For the “Middle School:”
“Fifth and sixth graders are grouped in homerooms of approximately 16 students each. Students take English and social studies with their homeroom teacher and may be regrouped for math. They study Spanish, science, the arts, library skills, technology, and physical education outside of the homeroom.”
For the “Upper School:”
“Classes, which have an average of 14 to 16 students, are informal and are conducted in an atmosphere of mutual respect. The small class size permits individual attention, group discussion, and close interaction between students and teachers. Ninth and tenth grade students take five major courses per year. Eleventh and twelfth graders take four or five major courses.”1
This is how every school should be. But, instead of cutting down class sizes and re-introducing the arts and physical education back into our schools and expanding on them—our working class children are being drugged so that they can adapt to larger class sizes, deteriorating classrooms, armed police roaming the hallways and metal detectors at the doors. And to prepare them for a menial job at minimum pay—or, join the Army!
Our children on drugs
According to an article that appeared on AlterNet on October 18, 2012 by Evelyn Pringle and Martha Rosenberg titled, “How Kids are Getting Hooked on Pills for Life,”2 (also included in this issue of Socialist Viewpoint) children in public schools are being diagnosed with everything from preschool depression, Autism, Bulimia, ADHD (Attention Deficit Hyperactivity Disorder), Asperger’s Syndrom, OCD (Obsessive Compulsive Disorder) and MDD (Major Depressive Disorder), PBD (Pediatric Bipolar Disorder), to name a few.

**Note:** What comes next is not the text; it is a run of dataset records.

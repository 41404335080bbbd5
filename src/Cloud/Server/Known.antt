-- ===== src/Cloud/Server/Known.antt =====
-- A client whose firmware is known has told who it is: what the service relies on when it names its
-- clients (components/cloud/src/main.rs).
use holistic_framework_for_l.Base.{
  ℕ, ◌<◌, ◌≡◌, refl, ◌∙◌, ◌⊎◌, inl, inr, Bool, true, false, Bool-cases, Option, none, some, List,
  [], ◌∷◌, ◌++◌, length, Ends, Ends-bind, Ends-map, Returns-Ends, HasValue, u32_mod, ltb,
}
use holistic_framework_for_l.Slab
use holistic_framework_for_l.Slab.{Slab, flat, insert_at}
use holistic_framework_for_l.Cloud.{
  FirmwareState, unknown, Message, log, init_fw_update, fw_chunk, finish_fw_update, reset, halt,
  get_info, info, error, halted, ReadResult, bytes, IsPatient, Parts, Client, new_client,
}
use holistic_framework_for_l.Cloud.Receiving.{Conversation, receive_buffered}
use holistic_framework_for_l.Cloud.Receiving.Handled.{id_after, state_after}
use holistic_framework_for_l.Cloud.Receiving.Drained.{
  ids_after, states_after, IsReceived, receive_buffered-IsReceived,
}
use holistic_framework_for_l.Cloud.Commands.{
  Command, fw_update, reset_nodes, halt_nodes, prints, command_of, split_command, to_lowercase,
  obey, update_all, handle_reset_and_halt_command, handle_command,
}
use holistic_framework_for_l.Cloud.Commands.Obeyed.{
  IsNamed, Pairwise, IsServed, update_all-IsServed,
}
use holistic_framework_for_l.Cloud.Commands.Answered.{
  IsObeyed, Answers-Ends, handle_reset_and_halt_command-Answers,
}
use holistic_framework_for_l.Cloud.Server.Clients.{
  AllNamed, AllNamed-set, AllNamed-get, AllNamed-insert, AllNamed-try_remove, IsServed-AllNamed,
  IsObeyed-AllNamed,
}
use holistic_framework_for_l.Cloud.Server.{
  v4, v6, is_admitted, trim, AcceptResult, accepted, would_block, failed, Next, continue, break,
  exit, fail, Event, stdin, server, client_token, Server, start, handle_stdin, add_client,
  handle_server, extend, after_read, read_client, handle_client, handle_event, after_event,
  handle_events, after_poll, serve,
}

module _ (P : Parts) where
  -- The service knows who its clients with known firmware are.
  abbrev pub IsKnown : Server P → Type 0
  IsKnown s = AllNamed P s.clients

  -- What messages tell of the firmware they tell with an identifier.
  states_after-named :
      (expected : ℕ) (ms : List Message) (s : FirmwareState) (o : Option ℕ)
      → (s ≡ unknown) ⊎ HasValue o
      → (states_after P expected ms s ≡ unknown) ⊎ HasValue (ids_after P expected ms o)
  states_after-named expected [] s o h = h
  states_after-named expected (m ∷ ms) s o h =
      states_after-named expected ms (state_after P expected m s) (id_after m o) (after m)
    where
      after : (m : Message) → (state_after P expected m s ≡ unknown) ⊎ HasValue (id_after m o)
      after (info id crc) = inr (id, refl)
      after (log b) = h
      after init_fw_update = h
      after (fw_chunk offset b) = h
      after finish_fw_update = h
      after reset = h
      after halt = h
      after get_info = h
      after (error text) = h
      after (halted b) = h

  IsReceived-IsNamed :
      (expected : ℕ) (ms : List Message) (v w : Conversation P)
      → IsReceived P expected ms v w
      → IsNamed P v.client
      → IsNamed P w.client
  IsReceived-IsNamed expected ms v w r h =
      carried (states_after-named expected ms v.client.firmware_state v.client.node_id h)
    where
      carried :
          (states_after P expected ms v.client.firmware_state ≡ unknown)
            ⊎ HasValue (ids_after P expected ms v.client.node_id)
          → IsNamed P w.client
      carried (inl e) = inl (r.firmware ∙ e)
      carried (inr (id, e)) = inr (id, r.identity ∙ e)

  handle_command-AllNamed :
      (input : List ℕ) (cs : Slab (Client P)) (binary : List ℕ)
      → IsPatient P.stream
      → length binary < u32_mod
      → AllNamed P cs
      → Ends (λ (r : Bool × Slab (Client P)). AllNamed P r.1) (handle_command P input cs binary)
  unfolding handle_command
  handle_command-AllNamed input cs binary patient small k =
      obeyed (command_of (to_lowercase (split_command input).0)) (split_command input).1
    where
      obeyed :
          (c : Command) (argument : List ℕ)
          → Ends (λ (r : Bool × Slab (Client P)). AllNamed P r.1) (obey P c argument cs binary)
      obeyed prints argument = k
      obeyed fw_update argument =
          Ends-bind (Pairwise P (IsServed P binary) cs) _ (update_all P binary cs) _
            (Returns-Ends (Pairwise P (IsServed P binary) cs) (update_all P binary cs)
              (update_all-IsServed P binary cs patient small k))
            (λ ds p. IsServed-AllNamed P binary cs ds p k)
      obeyed reset_nodes argument =
          Ends-map (IsObeyed P reset argument cs) _
            (handle_reset_and_halt_command P true argument cs)
            (λ r o. IsObeyed-AllNamed P reset argument cs r o k)
            (Answers-Ends P reset argument cs (handle_reset_and_halt_command P true argument cs)
              (handle_reset_and_halt_command-Answers P true argument cs patient))
      obeyed halt_nodes argument =
          Ends-map (IsObeyed P halt argument cs) _
            (handle_reset_and_halt_command P false argument cs)
            (λ r o. IsObeyed-AllNamed P halt argument cs r o k)
            (Answers-Ends P halt argument cs (handle_reset_and_halt_command P false argument cs)
              (handle_reset_and_halt_command-Answers P false argument cs patient))

  abbrev Kept : Next × Server P → Type 0
  Kept r = IsKnown r.1

  handle_stdin-IsKnown :
      (binary : List ℕ) (line : Option (List ℕ)) (s : Server P)
      → IsPatient P.stream
      → length binary < u32_mod
      → IsKnown s
      → Ends Kept (handle_stdin P binary line s)
  unfolding handle_stdin
  handle_stdin-IsKnown binary none s patient small k = k
  handle_stdin-IsKnown binary (some []) s patient small k = k
  handle_stdin-IsKnown binary (some (c ∷ cs)) s patient small k =
      Ends-bind (λ (r : Bool × Slab (Client P)). AllNamed P r.1) Kept
        (handle_command P (trim (c ∷ cs)) s.clients binary) _
        (handle_command-AllNamed (trim (c ∷ cs)) s.clients binary patient small k) (λ r h. h)

  handle_server-IsKnown :
      (a : AcceptResult P.stream.Connection) (s : Server P)
      → IsKnown s
      → Ends Kept (handle_server P a s)
  unfolding handle_server add_client new_client
  handle_server-IsKnown failed s k = k
  handle_server-IsKnown would_block s k = k
  handle_server-IsKnown (accepted connection v6) s k = tt
  handle_server-IsKnown (accepted connection (v4 a b c d)) s k =
      elim (Bool-cases (is_admitted a b)) [
        | inr foreign ↦ rw foreign k
        | inl own ↦
            let client = new_client P connection P.logs.new_stream_decoder in
            rw own (
              AllNamed-set P (Slab.insert client s.clients).1 (Slab.insert client s.clients).0 _
                (inl refl) (AllNamed-insert P client s.clients (inl refl) k))
      ]

  handle_client-IsKnown :
      (expected token : ℕ) (s : Server P) → IsKnown s → Ends Kept (handle_client P expected token s)
  unfolding handle_client Slab.get
  handle_client-IsKnown expected token s k = found (Slab.get s.clients token) refl
    where
      extended : (b : List ℕ) (c : Client P) → IsNamed P c → IsNamed P (extend P b c)
      extended b c h = elim (Bool-cases (ltb 10_000 (length (c.buffer ++ b)))) [
        | inl long ↦ rw long h
        | inr short ↦ rw short h
      ]

      read :
          (c : Client P)
          → IsNamed P c
          → (r : ReadResult × P.stream.Connection) → Ends Kept (after_read P expected token c s r)
      read c h (bytes [], d) = AllNamed-try_remove P s.clients token k
      read c h (bytes (b ∷ bs), d) =
          let v : Conversation P = record {
            client = extend P (b ∷ bs) (record c { connection = d });
            colors = s.client_colors;
            events = s.events;
          } in
          Ends-bind _ Kept (receive_buffered P expected v) _
            (receive_buffered-IsReceived P expected v)
            (λ w r.
              AllNamed-set P s.clients token w.client
                (IsReceived-IsNamed expected _ v w r
                  (extended (b ∷ bs) (record c { connection = d }) h))
                k)
      read c h (ReadResult.would_block, d) = AllNamed-set P s.clients token _ h k
      read c h (ReadResult.interrupted, d) = AllNamed-set P s.clients token _ h k
      read c h (ReadResult.failed, d) = AllNamed-set P s.clients token _ h k

      found :
          (o : Option (Client P))
          → Slab.get s.clients token ≡ o
          → Ends Kept (read_client P expected token o s)
      found none e = k
      found (some c) e = read c (AllNamed-get P s.clients token c e k) (P.stream.read c.connection)

  -- If the peers go on reading, any event ends, unless it leads to a panic, and the service still knows
  -- who its clients with known firmware are.
  pub handle_event-IsKnown :
      (expected : ℕ) (binary : List ℕ) (event : Event P) (s : Server P)
      → IsPatient P.stream
      → length binary < u32_mod
      → IsKnown s
      → Ends Kept (handle_event P expected binary event s)
  unfolding handle_event
  handle_event-IsKnown expected binary (stdin line) s patient small k =
      handle_stdin-IsKnown binary line s patient small k
  handle_event-IsKnown expected binary (server result) s patient small k =
      handle_server-IsKnown result s k
  handle_event-IsKnown expected binary (client_token token) s patient small k =
      handle_client-IsKnown expected token s k

  abbrev StillKnown : Bool × Server P → Type 0
  StillKnown r = IsKnown r.1

  handle_events-IsKnown :
      (expected : ℕ) (binary : List ℕ) (events : List (Event P)) (s : Server P)
      → IsPatient P.stream
      → length binary < u32_mod
      → IsKnown s
      → Ends StillKnown (handle_events P expected binary events s)
  unfolding handle_events
  handle_events-IsKnown expected binary [] s patient small k = k
  handle_events-IsKnown expected binary (event ∷ events) s patient small k =
      Ends-bind Kept StillKnown (handle_event P expected binary event s) _
        (handle_event-IsKnown expected binary event s patient small k)
        (λ r h. after r h (λ t. handle_events-IsKnown expected binary events t patient small))
    where
      after :
          (r : Next × Server P)
          → Kept r
          → ((t : Server P)
              → IsKnown t
              → Ends StillKnown (handle_events P expected binary events t))
          → Ends StillKnown (after_event P (handle_events P expected binary events) r)
      after (continue, t) h others = others t h
      after (break, t) h others = h
      after (exit, t) h others = h
      after (fail, t) h others = h

  -- If the peers go on reading, the service handles any events that come: it ends, unless it panics, and
  -- then knows who its clients with known firmware are, so that `fwupdate` and the log can name them.
  pub serve-IsKnown :
      (expected : ℕ) (binary : List ℕ) (polls : List (List (Event P))) (s : Server P)
      → IsPatient P.stream
      → length binary < u32_mod
      → IsKnown s
      → Ends IsKnown (serve P expected binary polls s)
  unfolding serve
  serve-IsKnown expected binary [] s patient small k = k
  serve-IsKnown expected binary (events ∷ polls) s patient small k =
      Ends-bind StillKnown IsKnown (handle_events P expected binary events s) _
        (handle_events-IsKnown expected binary events s patient small k)
        (λ r h. after r h (λ t. serve-IsKnown expected binary polls t patient small))
    where
      after :
          (r : Bool × Server P)
          → StillKnown r
          → ((t : Server P) → IsKnown t → Ends IsKnown (serve P expected binary polls t))
          → Ends IsKnown (after_poll P (serve P expected binary polls) r)
      after (true, t) h others = others t h
      after (false, t) h others = h

  -- No client is known at the start.
  pub start-IsKnown : IsKnown (start P)
  unfolding start Slab.new
  start-IsKnown = tt
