-- ===== src/Colors/Assignment.antt =====
-- A client keeps its colour, and no two clients have the same (components/cloud/src/client.rs).
use holistic_framework_for_l.Base.{
  Bool, not, ◌&&◌, ℕ, ◌<◌, ◌≡◌, ◌≢◌, refl, sym, ap, ◌∙◌, inl, inr, Option, none, some, List, [],
  ◌∷◌, ◌++◌, arith, length, All, Pairs, Inserted, here, there, Inserted-Pairs, ◌⊎◌, false, Returns,
  HasValue, ◌==◌, true,
}
use mathlib.Core.Path.{subst}
use holistic_framework_for_l.Colors.{
  RgbColor, Colors, new, lookup, behind, pop_last, get_or_assign, get_color,
}

abbrev pub colors_of : List (ℕ × RgbColor) → List RgbColor
colors_of [] = []
colors_of ((i, c) ∷ rest) = c ∷ colors_of rest

-- No colour stands twice among those that are assigned and those that are left.
abbrev pub AllDifferent : Colors → Type 0
AllDifferent cs = Pairs (λ x y. x ≢ y) (colors_of cs.assigned ++ cs.left)

-- A test of colours for different amounts of red.
abbrev other_red : RgbColor → List RgbColor → Bool
other_red c [] = true
other_red c (d ∷ ds) = not (c.0 == d.0) && other_red c ds

abbrev other_reds : List RgbColor → Bool
other_reds [] = true
other_reds (c ∷ cs) = other_red c cs && other_reds cs

other_red-All : (c : RgbColor) (cs : List RgbColor) → other_red c cs ≡ true → All (λ d. c ≢ d) cs
other_red-All c [] h = tt
other_red-All c (d ∷ ds) h =
    let differs : c.0 ≢ d.0 = ground arith in
    (λ p. differs (ap (λ x. x.0) p), other_red-All c ds (ground arith))

other_reds-Pairs : (cs : List RgbColor) → other_reds cs ≡ true → Pairs (λ x y. x ≢ y) cs
other_reds-Pairs [] h = tt
other_reds-Pairs (c ∷ cs) h =
    (other_red-All c cs (ground arith), other_reds-Pairs cs (ground arith))

-- The eight colours of the start.
pub new-AllDifferent : AllDifferent new
unfolding new
new-AllDifferent = other_reds-Pairs new.left refl

pop_last-append :
    (left : List RgbColor) (c : RgbColor) (init : List RgbColor)
    → pop_last left ≡ some (c, init)
    → left ≡ init ++ c ∷ []
pop_last-append [] c init e = cc
pop_last-append (d ∷ []) c init e =
    let last : d ≡ c = cc in
    let none_before : [] ≡ init = cc in ap (λ x. x ∷ []) last ∙ ap (λ l. l ++ c ∷ []) none_before
pop_last-append (d ∷ b ∷ ds) c init e =
    let r = behind b (pop_last ds) in
    let last : r.0 ≡ c = cc in
    let before : d ∷ r.1 ≡ init = cc in
    ap (◌∷◌ d) (pop_last-append (b ∷ ds) r.0 r.1 refl)
    ∙ ap (λ x. d ∷ r.1 ++ x ∷ []) last
    ∙ ap (λ l. l ++ c ∷ []) before

Inserted-last : (c : RgbColor) (xs : List RgbColor) → Inserted c xs (xs ++ c ∷ [])
Inserted-last c [] = here
Inserted-last c (x ∷ xs) = there (Inserted-last c xs)

Inserted-append :
    (c : RgbColor) (xs ys zs : List RgbColor) → Inserted c ys zs → Inserted c (xs ++ ys) (xs ++ zs)
Inserted-append c [] ys zs i = i
Inserted-append c (x ∷ xs) ys zs i = there (Inserted-append c xs ys zs i)

pop_last-some : (left : List RgbColor) → 0 < length left → HasValue (pop_last left)
pop_last-some [] h = absurd (omega arith)
pop_last-some (c ∷ cs) h = (behind c (pop_last cs), refl)

-- What the client and all others have afterwards.
pub record IsAssigned (node_id : ℕ) (old : Colors) (r : RgbColor × Colors) : Type 0 where
  pub has : lookup r.1.assigned node_id ≡ some r.0
  pub others : (j : ℕ) → j ≢ node_id → lookup r.1.assigned j ≡ lookup old.assigned j
  pub keeps : (c : RgbColor) → lookup old.assigned node_id ≡ some c → r.0 ≡ c
  pub different : AllDifferent r.1

assign-IsAssigned :
    (cs : Colors) (node_id : ℕ) (c : RgbColor) (init : List RgbColor)
    → AllDifferent cs
    → lookup cs.assigned node_id ≡ none
    → pop_last cs.left ≡ some (c, init)
    → IsAssigned node_id cs (c, record { assigned = (node_id, c) ∷ cs.assigned; left = init })
assign-IsAssigned cs node_id c init d n e =
    let own : (node_id == node_id) ≡ true = ground arith in
    record {
      has = rw own refl;
      others = λ j other.
          let differs : (node_id == j) ≡ false = ground (arith, other) in rw differs refl;
      keeps = λ c' k. absurd (some≢none (sym k ∙ n));
      different =
          Inserted-Pairs (λ x y. x ≢ y) (λ x y k p. k (sym p))
            (subst (λ l. Inserted c (colors_of cs.assigned ++ init) (colors_of cs.assigned ++ l))
              (sym (pop_last-append cs.left c init e))
              (Inserted-append c (colors_of cs.assigned) init (init ++ c ∷ [])
                (Inserted-last c init)))
            d;
    }
  where
    some≢none : {c : RgbColor} → some c ≢ none
    some≢none = λ p. cc

-- If all colours differ, and the client has one or one is left: `get_color` returns the colour that
-- is then the client's. A client that has a colour keeps it. The colours of the other clients stay as
-- they are, and all colours still differ.
pub get_color-IsAssigned :
    (cs : Colors) (node_id : ℕ)
    → AllDifferent cs
    → HasValue (lookup cs.assigned node_id) ⊎ (0 < length cs.left)
    → Returns (IsAssigned node_id cs) (get_color cs node_id)
unfolding get_color
get_color-IsAssigned cs node_id d h = known (lookup cs.assigned node_id) refl h
  where
    known :
        (o : Option RgbColor)
        → lookup cs.assigned node_id ≡ o
        → HasValue (lookup cs.assigned node_id) ⊎ (0 < length cs.left)
        → Returns (IsAssigned node_id cs) (get_or_assign cs node_id o)
    known (some c) e h = record {
      has = e;
      others = λ j other. refl;
      keeps = λ c' k. ground (arith, e, k);
      different = d;
    }
    known none e (inl (c, k)) = cc
    known none e (inr room) =
        let ((c, init), popped) = pop_last-some cs.left room in
        rw popped (assign-IsAssigned cs node_id c init d e popped)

And, not incidentally, these diagnoses mirror the massive proliferation of new, Big Pharma drugs being developed and prescribed to our children—and their parents have to pay for them!
So commonly are the drugs being dolled out that a song was written for the 10-year-old Bart Simpson character on the animated show, The Simpsons. Bart’s schoolboy antics earned him a prescription for Ritalin. The song goes like this with Bart singing to the tune of “Popeye, the Sailor Man:”

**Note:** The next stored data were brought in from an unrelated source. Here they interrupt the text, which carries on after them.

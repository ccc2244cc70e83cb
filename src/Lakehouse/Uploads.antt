-- ===== src/Lakehouse/Uploads.antt =====
-- lakehouse/s3_uploader.py, and the walk of lakehouse/export.py over the files of a table
pub mod Keys
use Prim.Native.Char.{Char, code}
use Prim.Native.String
use Prim.Native.String.{◌++◌ as ◌<>◌}
use crypto_streaming_lakehou.Base.{
  ℕ, zero, suc, String, ◌==◌, Bool, true, false, ◌&&◌, List, [], ◌∷◌, ◌++◌, text_eq, if◌then◌else◌,
  Option, none, some, Try, ok, raised,
}
use crypto_streaming_lakehou.Lakehouse.Storage.{FileName, placeholder, part, File, is_under}

-- replace("\\", "/")
unfoldable pub to_slashes : String → String
to_slashes String.[] = ""
to_slashes (String.◌∷◌ c s) = String.◌∷◌ (if code c == b'\\' then "/" else c) (to_slashes s)

abbrev pub is_nothing : String → Bool
is_nothing String.[] = true
is_nothing (String.◌∷◌ c s) = false

-- rstrip("/")
unfoldable pub rstrip_slash : String → String
rstrip_slash String.[] = ""
rstrip_slash (String.◌∷◌ c s) =
    let rest = rstrip_slash s in if is_nothing rest && code c == b'/' then "" else String.◌∷◌ c rest

-- s.startswith(prefix), where the prefix is named first
unfoldable pub has_start : String → String → Bool
has_start String.[] s = true
has_start (String.◌∷◌ c p) String.[] = false
has_start (String.◌∷◌ c p) (String.◌∷◌ d s) =
    let rest = has_start p s in if code c == code d then rest else false

-- len
unfoldable pub text_length : String → ℕ
text_length String.[] = 0
text_length (String.◌∷◌ c s) = suc (text_length s)

-- s[n:]
unfoldable pub slice_from : ℕ → String → String
slice_from zero s = s
slice_from (suc n) String.[] = ""
slice_from (suc n) (String.◌∷◌ c s) = slice_from n s

unfoldable pub norm_base : String → String
unfolding to_slashes rstrip_slash
norm_base base_path = to_slashes (rstrip_slash base_path) <> "/"

unfoldable pub s3_key : String → String → String
unfolding norm_base has_start text_length slice_from
s3_key local_path base_path =
    if has_start (norm_base base_path) (to_slashes local_path)
    then slice_from (text_length (norm_base base_path)) (to_slashes local_path)
    else to_slashes local_path

-- An object in S3: the bucket, the key, and the file it was made from.
pub record Upload : Type 0 where
  pub bucket : String
  pub key : String
  pub local_path : String

-- The environment of the uploads: S3_BUCKET, boto3.client, the calls of upload_file, and the texts
-- of the uuids.
pub record S3 : Type 0 where
  pub bucket : Option String
  pub client : Try (Unit {0})
  pub upload_file : String → Try (Unit {0})
  pub uuid : ℕ → String

-- The `try` block, whose exceptions are logged.
abbrev pub after_upload : Try (Unit {0}) → Upload → List Upload → List Upload
after_upload (ok u) new uploads = uploads ++ new ∷ []
after_upload (raised e) new uploads = uploads

abbrev pub with_client : Try (Unit {0}) → List Upload → List Upload → Try (Unit {0}) × List Upload
with_client (ok u) after uploads = (ok tt, after)
with_client (raised e) after uploads = (raised e, uploads)

abbrev pub with_bucket :
    Option String → S3 → String → String → List Upload → Try (Unit {0}) × List Upload
with_bucket none s3 local_path base_path uploads = (ok tt, uploads)
with_bucket (some bucket) s3 local_path base_path uploads =
    if text_eq bucket ""
    then (ok tt, uploads)
    else with_client s3.client
        (after_upload (s3.upload_file local_path)
          record { bucket = bucket; key = s3_key local_path base_path; local_path = local_path }
          uploads)
        uploads

unfoldable pub upload_file_to_s3 : S3 → String → String → List Upload → Try (Unit {0}) × List Upload
unfolding s3_key
upload_file_to_s3 s3 local_path base_path uploads =
    with_bucket s3.bucket s3 local_path base_path uploads

-- str of a path
unfoldable pub path_text : List String → String
path_text [] = ""
path_text (d ∷ dir) = elim dir [ [] ↦ d | e ∷ rest ↦ d <> "/" <> path_text dir ]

“When I can’t stop my fiddlin’
I just takes me Ritalin
I’m poppin’ and sailin’, man!”3
Not only are the drugs being increasingly marketed to millions of fearful parents who are trying to cope with increasing economic hardship and degenerating schools and the resultant resistance of our children to it, but Big Pharma is raking in billions of dollars in profits at our children’s expense.
Coping in school is practice for coping with second-tier employment and enduring hardship
According to an October 23, 2012 article in the New York Times by David Leonhardt titled, “Standard of Living Is in the Shadows as Election Issue”4:
“The pay gap between college graduates and everyone else is near a record. Despite the long economic slump—and the well-chronicled struggles of some college graduates—their unemployment rate is just 4.1 percent. …If educational attainment rises, more people will be able to get jobs that benefit from technology and global trade, rather than suffer from it.”
This is not true. The opposite is true. The more people who graduate college, the higher the unemployment rate will be among college graduates. There are not an unlimited number of high-paying jobs. Just ask all those college graduates now working at Starbucks!
And any chance of earning a comparable living in the trades or industry has been usurped by second and third-tier pay scales that condemn our children and grandchildren to a life of poverty and debt—and now drugs so they will continue to sit still through it all and take it, and not make a peep.
Or that’s the capitalists’ plan, anyway. Only we workers can put a monkey wrench in that plan—if we organize a massive fight against it, that is—and demand that all our schools be like Melia’s and Sasha’s Sidwell Friends School.